Hoeffding's inequality

Simulation of Hoeffding's inequality.

library(ggplot2)

bin.size <- 1000

bin <- sapply(seq(bin.size), function(x) {
    sample(c(1, 0), size = 1)
})

bin.avg <- sum(bin)/bin.size

Now that we have a bin with “marbles” we can experiment with it. Take 100 times 10 marbles from the bin, and compute the average. Check that the average of the averages is close to the bin.avg.

iterations <- 100

sample.size <- 100

sample.value <- function() {
    s <- bin[sample(seq(bin.size), sample.size)]
    return(sum(s)/sample.size)
}

sample.values <- sapply(seq(iterations), function(x) {
    sample.value()
})

abs(sum(sample.values)/iterations - bin.avg)
## [1] 0.0062

This show the samples on avarage are pretty close to the value of the bin. To check the probability of this happening, we should make a histogram of the values obtained.
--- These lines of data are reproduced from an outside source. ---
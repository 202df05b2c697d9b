-- ===== src/Replication/Scores.antt =====
-- partition/src/replication_step.cpp, main: the score of a node, and the nodes by their scores.
-- The additions of the parallel loop are atomic and commute: they are made in the order of the edges.
use max_embed.Prelude.{
  ℕ, zero, suc, ◌+◌, ◌-◌, List, [], ◌∷◌, ltb, if◌then◌else◌, get_or, length, elem,
}
use max_embed.Partition.{Runtime, update}
use max_embed.PartitionStep.{Hypergraph}

-- part_cnt.insert(part_info[pins[j]]): `n` rounds are left.
unfoldable pub parts_of_edge : List ℕ → List ℕ → ℕ → ℕ → List ℕ → List ℕ
parts_of_edge part_info pins zero j parts = parts
parts_of_edge part_info pins (suc n) j parts =
    let part = get_or part_info (get_or pins j 0) 0 in
    parts_of_edge part_info pins n (j + 1) (if elem part parts then parts else part ∷ parts)

-- atomic_score_ptr[pins[j]].fetch_add(part_cnt.size() - 1)
unfoldable pub add_scores : List ℕ → ℕ → ℕ → ℕ → (ℕ → ℕ) → ℕ → ℕ
add_scores pins gain zero j scores = scores
add_scores pins gain (suc n) j scores =
    let node = get_or pins j 0 in
    add_scores pins gain n (j + 1) (update scores node (scores node + gain))

-- for (i = 0; i < new_n; i++): `n` rounds are left.
unfoldable pub score_edges : List ℕ → Hypergraph → ℕ → ℕ → (ℕ → ℕ) → ℕ → ℕ
score_edges part_info g zero i scores = scores
score_edges part_info g (suc n) i scores =
    let start = get_or g.xpins i 0 in
    let size = get_or g.xpins (i + 1) 0 - start in
    let parts = parts_of_edge part_info g.pins size start [] in
    score_edges part_info g n (i + 1) (add_scores g.pins (length parts - 1) size start scores)

-- node_score_idx[i] = i: `n` rounds are left.
unfoldable pub all_nodes : ℕ → ℕ → List ℕ
all_nodes zero i = []
all_nodes (suc n) i = i ∷ all_nodes n (i + 1)

module _ (R : Runtime) where
  open R use {parallel_sort}

  unfoldable pub node_score_idx : List ℕ → Hypergraph → List ℕ
  node_score_idx part_info g =
      let scores = score_edges part_info g g.n 0 (λ k. 0) in
      parallel_sort (λ a b. ltb (scores b) (scores a)) (all_nodes g.c 0)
vals <- sapply(seq(1000), function(x) {
    sample.value()
})
ggplot(data.frame(vals = vals), aes(x = vals)) + geom_histogram(binwidth = 0.01, 
    colour = "black", fill = "white")
## Warning: position_stack requires constant width: output may be incorrect

plot of chunk histogram

We compute the bound Hoeffding gives us.

hoeffding <- function(prob, eps, sample.size) {
    2 * exp(-2 * eps^2 * sample.size)
}

prob <- 0.5  # probability of 1 in sample(c(1,0), size=1)
eps <- 0.1
(bound <- hoeffding(prob, eps, sample.size))
## [1] 0.2707

Now add the bounds to the histogram and note that as Hoeffding promises (since bound = 0.2707) there are not many results outside.

ggplot(data.frame(vals = vals), aes(x = vals)) + geom_histogram(binwidth = 0.01, 
    colour = "black", fill = "white") + geom_vline(xintercept = prob + eps) + 
    geom_vline(xintercept = prob - eps)
## Warning: position_stack requires constant width: output may be incorrect

plot of chunk hist2

Finally the check of the probability our simulation gives.

actual <- sum(vals < (prob - eps) | vals > (prob + eps))/1000

Note that indeed actual (0.043) is less than bound (0.2707).